Biomarkers and preanalytics in Alzheimer’s disease
by Dr Jacqueline Gosink
Biomarkers and preanalytics in Alzheimer’s disease
Analysis of biomarkers such as amyloid-beta peptides and tau proteins in cerebrospinal fluid (CSF) is nowadays a core criterion in Alzheimer’s disease diagnostics. Test methods such as ELISA and chemiluminescence immunoassay enable robust and reproducible measurement of the analytes in patient CSF samples. Recommendations for preanalytical sample collection and handling have enhanced the standardization of the analyses.
Alzheimer’s disease
Alzheimer’s disease (AD) is the most common cause of dementia in old age. It is characterized by progressive cognitive impairment caused by degeneration of brain cells. The biological hallmarks of the disease are amyloid-beta (Aβ)-containing plaques and taucontaining neurofibrillary tangles which build-up in major hubs of the brain [1]. Plaques of Aβ1-42 form extracellularly next to the nerve cell ends as a result of disruption in the breakdown of Aβ peptides (Fig. 1). Aggregates of hyperphosphorylated tau protein (P-tau) accumulate inside the cells. It is still unclear if the plaques and tangles cause AD or are a by-product of the disease process.
AD cannot be cured. Traditional therapy focuses on management of symptoms with medication, as well as non-pharmacological interventions such as behavioural therapy. In 2021, the first disease-modifying drug came onto the market. Aducanumab, which is marketed under the name Aduhelm™ and is approved in the USA and United Arab Emirates, reduces Aβ plaques in the brain. A second plaque-reducing drug, lecanemab (Leqembi™), has just received accelerated approval from the U.S. Food and Drug Administration (FDA) and is on the verge of being approved in some other countries. Further promising drugs are in the pipeline.
Disease-modifying drugs aim to delay onset or slow progression of AD, but must be applied in the initial stages of mild cognitive impairment before dementia sets in. Thus, the need for early and accurate AD diagnosis has taken on a new urgency. Timely diagnosis is also important for helping patients and their families plan longterm care and support.
Diagnostics
Diagnosis of AD is based on clinical evaluation, imaging methods such as positron emission tomography (PET) and analysis of biomarkers in cerebrospinal fluid (CSF). Demonstration of Aβ pathology by imaging or CSF tests is essential prior to treatment with plaque-targeting drugs.
Amyloid-PET and amyloid CSF measurements show a good correlation. However, CSF analysis is considered more sensitive than brain imaging methods, detecting pathologic changes years before disease onset. CSF Aβ constitutes the earliest known marker of AD pathology [2]. Moreover, CSF analysis may be the preferred diagnostic method in some situations, for example when other CSF tests are needed at the same time or due to lower costs and fewer side effects. CSF tests are also easier to perform in regions where specialized PET equipment and qualified staff may not be readily available.
CSF samples for analysis are collected by lumbar puncture (spinal tap), which is considered a safe and well-tolerated procedure. Guidelines for the sample collection are available to minimize the risk of complications and discomfort for patients [3,4].
AD biomarkers
On the one hand, AD is associated with a decrease in the isoform Aβ1-42 in CSF, which can occur as many as 5–10 years before the onset of cognitive changes. The concentration of Aβ1-40, on the other hand, remains unchanged and reflects the individual amyloid expression.

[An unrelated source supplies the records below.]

-- ===== src/Serial/Fifo.antt =====
-- database.c: the ring of serial jobs as a queue, where it does not grow.
use fcron.Prelude.{
  ℕ, zero, suc, ◌+◌, ◌-◌, ◌^◌, ◌≤◌, ◌<◌, ◌≡◌, ◌≢◌, refl, false, sym, ap, ap₂, ◌∙◌, Option, none,
  some, List, [], ◌∷◌, ◌++◌, length, get_or, set, leb, arith, le→leb, get_or-set_self,
  get_or-set_ne, length-set,
}
use fcron.Serial.{Serial, wrap, slot, append, serial_put, serial_take}

-- The representation invariant.
pub record IsValid (s : Serial) : Type 0 where
  pub size : length s.array ≡ s.array_size
  pub index_in : s.array_index < s.array_size
  pub num_in : s.num ≤ s.array_size

module _ (a : List (Option ℕ)) (size h : ℕ) where
  -- The entries from the `k`-th of the ring on, `n` of them.
  abbrev pub window : ℕ → ℕ → List (Option ℕ)
  window k zero = []
  window k (suc n) = get_or a (wrap size (h + k)) none ∷ window (k + 1) n

-- The queue that a ring holds, oldest entry first.
abbrev pub contents : Serial → List (Option ℕ)
contents s = window s.array s.array_size s.array_index 0 s.num

wrap_ne : (size h k l : ℕ) → h < size → k < l → l < size → wrap size (h + l) ≢ wrap size (h + k)
wrap_ne size h k l hh kl ls = ground arith

wrap-lt : (size h k : ℕ) → h < size → k < size → wrap size (h + k) < size
wrap-lt size h k hh hk = ground arith

not_full : (size num : ℕ) → num < size → leb size num ≡ false
not_full size num h = ground arith

-- Writing just past a window extends it.
window-set :
    (a : List (Option ℕ)) (size h k n i : ℕ) (v : Option ℕ)
    → length a ≡ size
    → h < size
    → k + n < size
    → i ≡ wrap size (h + (k + n))
    → window (set a i v) size h k (suc n) ≡ window a size h k n ++ (v ∷ [])
window-set a size h k zero i v e hh kn ei =
    let i' : i ≡ wrap size (h + k) = ei ∙ ap (λ m. wrap size (h + m)) (omega arith) in
    ap (λ x. x ∷ []) (rw i' (get_or-set_self a (wrap size (h + k)) v none (bound (omega arith))))
  where
    bound : k < size → wrap size (h + k) < length a
    bound hk = rw e (wrap-lt size h k hh hk)
window-set a size h k (suc n) i v e hh kn ei =
    ap₂ ◌∷◌
      (get_or-set_ne a i (wrap size (h + k)) v none
        (rw ei (wrap_ne size h k (k + suc n) hh (omega arith) kn)))
      (window-set a size h (k + 1) n i v e hh (omega arith)
        (ei ∙ ap (λ m. wrap size (h + m)) (omega arith)))

-- A write outside a window leaves it, and a window may start one entry later.
window-take :
    (a : List (Option ℕ)) (size h k n : ℕ)
    → h < size
    → k + n < size
    → window (set a h none) size (wrap size (h + 1)) k n ≡ window a size h (k + 1) n
window-take a size h k zero hh kn = refl
window-take a size h k (suc n) hh kn =
    ap₂ ◌∷◌
      (ap (λ i. get_or (set a h none) i none) next
        ∙ get_or-set_ne a h (wrap size (h + (k + 1))) none none (λ p. away (sym p)))
      (window-take a size h (k + 1) n hh (omega arith))
  where
    next : wrap size (wrap size (h + 1) + k) ≡ wrap size (h + (k + 1))
    next = ground arith

    away : wrap size (h + (k + 1)) ≢ h
    away = ground arith

-- The next line goes behind the newest entry, if the sum of a `short int` does not wrap.
slot-wrap :
    (s : Serial)
    → s.array_index + s.num < 2 ^ 15
    → slot s ≡ wrap s.array_size (s.array_index + s.num)
slot-wrap s small = ground arith

module _ (line : ℕ) (s : Serial) (v : IsValid s) (room : s.num < s.array_size)
    (small : s.array_index + s.num < 2 ^ 15) where
  pub append-contents : contents (append line s) ≡ contents s ++ (some line ∷ [])
  unfolding append
  append-contents =
      let i = wrap s.array_size (s.array_index + s.num) in
      ap (λ k. window (set s.array k (some line)) s.array_size s.array_index 0 (s.num + 1))
        (slot-wrap s small)
      ∙ ap (window (set s.array i (some line)) s.array_size s.array_index 0) one_more
      ∙ window-set s.array s.array_size s.array_index 0 s.num i (some line) v.size v.index_in
          (omega (arith, room)) (ap (λ m. wrap s.array_size (s.array_index + m)) (omega arith))
    where
      one_more : s.num + 1 ≡ suc s.num
      one_more = omega arith

  pub append-IsValid : IsValid (append line s)
  unfolding append
  append-IsValid = record {
    size = length-set s.array _ (some line) ∙ v.size;
    index_in = v.index_in;
    num_in = omega (arith, room);
  }

-- While a valid ring has room, and the index of the oldest entry and the number of entries have a sum
-- that fits a `short int`, `add_serial_job` puts the line at the end of the queue and keeps the ring
-- valid.
pub serial_put-contents :
    (queue_max line : ℕ) (s : Serial)
    → IsValid s
    → s.num < s.array_size
    → s.array_index + s.num < 2 ^ 15
    → (t : Serial) × (serial_put queue_max line s ≡ some t)
      × (contents t ≡ contents s ++ (some line ∷ []))
      × IsValid t
unfolding serial_put
serial_put-contents queue_max line s v room small = (
  append line s,
  rw (not_full s.array_size s.num room),
  append-contents line s v room small,
  append-IsValid line s v room small,
)

-- `run_serial_job` takes the oldest entry of a valid ring that is not empty, counts it as running, and
-- keeps the ring valid.
pub serial_take-contents :
    (s : Serial)
    → IsValid s
    → 1 ≤ s.num
    → let (line, t) = serial_take s in
      (contents s ≡ line ∷ contents t) × (t.running ≡ s.running + 1) × IsValid t
unfolding serial_take
serial_take-contents s v some_left = rw (le→leb 1 s.num some_left) (
  ap (window s.array s.array_size s.array_index 0) one_more
      ∙ ap₂ ◌∷◌ (ap (λ i. get_or s.array i none) first)
          (sym (window-take s.array s.array_size s.array_index 0 (s.num - 1) v.index_in fits)),
  refl,
  record {
    size = length-set s.array s.array_index none ∙ v.size;
    index_in = next_in;
    num_in = omega arith;
  },
)
  where
    one_more : s.num ≡ suc (s.num - 1)
    one_more = omega arith

    first : wrap s.array_size (s.array_index + 0) ≡ s.array_index
    first = ground (arith, v.index_in)

    fits : 0 + (s.num - 1) < s.array_size
    fits = omega (arith, v.num_in, v.index_in)

    next_in : wrap s.array_size (s.array_index + 1) < s.array_size
    next_in = ground (arith, v.index_in)
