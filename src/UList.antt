-- ===== src/UList.antt =====
-- u_list.c: an unordered list of entries in an array that grows, with one iteration at a time.
-- A pointer into the array is the index of its entry, and NULL is `none`. `zero_entry` is the entry
-- whose bytes are all 0. A `die` of a sanity check is a result `none`. The sizes of an allocation
-- are in entries, so `entry_size` is 1.
pub mod Add
pub mod Iterate
use fcron.Prelude.{
  ℕ, zero, suc, ◌+◌, ◌-◌, Bool, true, false, not, ◌&&◌, Option, none, some, List, [], ◌∷◌, ◌++◌,
  get_or, set, replicate, ltb, leb, ◌==◌, if◌then◌else◌,
}

pub record UList {ℓ} (A : Type ℓ) : Type ℓ where
  pub max_entries : ℕ
  pub num_entries : ℕ
  pub array_size : ℕ
  pub grow_size : ℕ
  pub cur_entry : Option ℕ
  pub cur_removed : Bool
  pub entries_array : List A

-- The pointer comparisons of `u_list_next` with the last entry; NULL is below every entry.
unfoldable pub below_last : ℕ → Option ℕ → Bool
below_last cur none = false
below_last cur (some last) = ltb cur last

unfoldable pub above_last : ℕ → Option ℕ → Bool
above_last cur none = true
above_last cur (some last) = ltb last cur

module _ {ℓ} {A : Type ℓ} (zero_entry : A) where
  -- `alloc_safe` clears the memory, so the fields not set are 0.
  unfoldable pub u_list_init : ℕ → ℕ → Option (UList A)
  u_list_init init_size grow_size =
      if ltb init_size 1
      then none
      else if ltb grow_size 1
      then none
      else some (record {
        max_entries = 0;
        num_entries = 0;
        array_size = init_size;
        grow_size = grow_size;
        cur_entry = none;
        cur_removed = false;
        entries_array = replicate init_size zero_entry;
      })

  -- `none` is ERR: the array has its largest size already.
  unfoldable pub u_list_resize_array : UList A → Option (UList A)
  u_list_resize_array l =
      if not (l.max_entries == 0) && leb l.max_entries l.array_size
      then none
      else let bigger = l.array_size + l.grow_size in
        let size =
          if not (l.max_entries == 0) && ltb l.max_entries bigger then l.max_entries else bigger in
        some (record l {
          array_size = size;
          entries_array = l.entries_array ++ replicate (size - l.array_size) zero_entry;
        })

  -- Write a new last entry.
  unfoldable pub put_last : UList A → A → UList A
  put_last l e = record l {
    num_entries = l.num_entries + 1;
    entries_array = set l.entries_array l.num_entries e;
  }

  -- The list, and whether the entry was added.
  unfoldable pub u_list_add : UList A → A → Option (UList A)
  unfolding put_last
  u_list_add l e =
      if leb l.array_size l.num_entries
      then elim (u_list_resize_array l) [ none ↦ none | some l' ↦ some (put_last l' e) ]
      else some (put_last l e)

  -- The entry that `cur_entry` points to.
  abbrev pub entry : UList A → ℕ → A
  entry l i = get_or l.entries_array i zero_entry

  -- Overwrite the current entry by the last one, clear the last one and drop it. The list is not
  -- empty here, since `cur_entry` points to one of its entries.
  unfoldable pub remove_at : UList A → ℕ → UList A
  remove_at l cur =
      let last = l.num_entries - 1 in
      let filled =
        if ltb cur last then set l.entries_array cur (entry l last) else l.entries_array in
      record l {
        entries_array = set filled last zero_entry;
        num_entries = last;
        cur_removed = true;
      }

  unfoldable pub u_list_remove_cur : UList A → Option (UList A)
  unfolding remove_at
  u_list_remove_cur l = elim (l.cur_entry) [ none ↦ none | some cur ↦ some (remove_at l cur) ]

module _ {ℓ} {A : Type ℓ} where
  unfoldable pub u_list_last : UList A → Option ℕ
  u_list_last l = if l.num_entries == 0 then none else some (l.num_entries - 1)

  unfoldable pub u_list_is_iterating : UList A → Bool
  u_list_is_iterating l = elim (l.cur_entry) [ none ↦ false | some cur ↦ true ]

  -- The first entry; an iteration must not be running.
  unfoldable pub u_list_first : UList A → Option (UList A)
  u_list_first l = elim (l.cur_entry) [
    | some cur ↦ none
    | none ↦ some (if l.num_entries == 0 then l else record l { cur_entry = some 0 })
  ]

  unfoldable pub next_at : UList A → ℕ → UList A
  unfolding u_list_last above_last below_last
  next_at l cur =
      if l.cur_removed
      then record l {
        cur_removed = false;
        cur_entry = if above_last cur (u_list_last l) then none else some cur;
      }
      else record l { cur_entry = if below_last cur (u_list_last l) then some (cur + 1) else none }

  unfoldable pub u_list_next : UList A → Option (UList A)
  unfolding next_at
  u_list_next l = elim (l.cur_entry) [ none ↦ none | some cur ↦ some (next_at l cur) ]

  unfoldable pub u_list_end_iteration : UList A → UList A
  u_list_end_iteration l = record l { cur_entry = none; cur_removed = false }

  -- The copy has its own array with the same entries.
  unfoldable pub u_list_copy : UList A → UList A
  u_list_copy l = record l { cur_entry = none }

The most reliable measurement of Aβ peptides in AD is provided by the ratio of Aβ1-42 to Aβ1-40 rather than the single parameter Aβ1-42. The Aβ1-42/Aβ1-40 ratio is more stable and comparable between patients and is less influenced by external factors. Furthermore, the ratio demonstrates a higher concordance with PET than Aβ1-42 alone. Measurement of the Aβ1-42/Aβ1-40 ratio is now recommended in all notable guidelines. The amyloid ratio is particularly valuable for discriminating AD from other forms of dementia such as vascular dementia.
Figure 1. Amyloid-beta and tau deposits in Alzheimer’s disease pathology
The concentration of tau proteins in CSF increases as AD progresses. Total tau is a general marker of neuronal injury and is also elevated in other conditions such as traumatic brain injury, stroke and Creutzfeldt-Jakob disease. Phosphorylated tau (P-tau) is a specific indicator of neurofibrillary tangles. Tau phosphorylated at the position threonine 181 is the most studied form and serves as a marker for AD.
Determination of the triad of Aβ1-42/Aβ1-40 ratio, total tau and P-tau in CSF provides vital support in the diagnosis of AD and helps predict progression to dementia in patients with mild cognitive impairment.
Standardization and preanalytics
In recent years, there has been a concerted effort to standardize measurement of Alzheimer’s biomarkers in CSF. Aspects such as preanalytical sample handling, detection technology and reference materials can have a significant impact on the analytical results [5]. These issues have been addressed in collaborative work between scientists, clinicians and industry partners such as EUROIMMUN, in particular as part of the Alzheimer’s Association Global Biomarker Standardization Consortium (GBSC). The GBSC recently published the first official guideline for preanalytical sample handling, which gives recommendations for collection, transport, handling and storage of CSF samples [4].
As Aβ peptides bind irreversibly to plastic and glass surfaces, contact of patient samples with consumables such as syringes, tubes and pipette tips must be minimized throughout the entire analysis. This limits adsorption and thus loss of the peptides and increases result reliability.
The guideline recommends collecting CSF by gravity drip directly into sample tubes with low-binding capacity. The sample should fill at least 50% of the tube volume to ensure a low ratio of contact surface to sample volume. Freezing of samples prior to transport is advisable to avoid unnecessary movement of liquid in the tubes. In the laboratory processing, transfers of samples into fresh tubes should be minimized to prevent further analyte loss. Moreover, repeated freeze-thaw cycles should be avoided as they can result in degradation of the analytes.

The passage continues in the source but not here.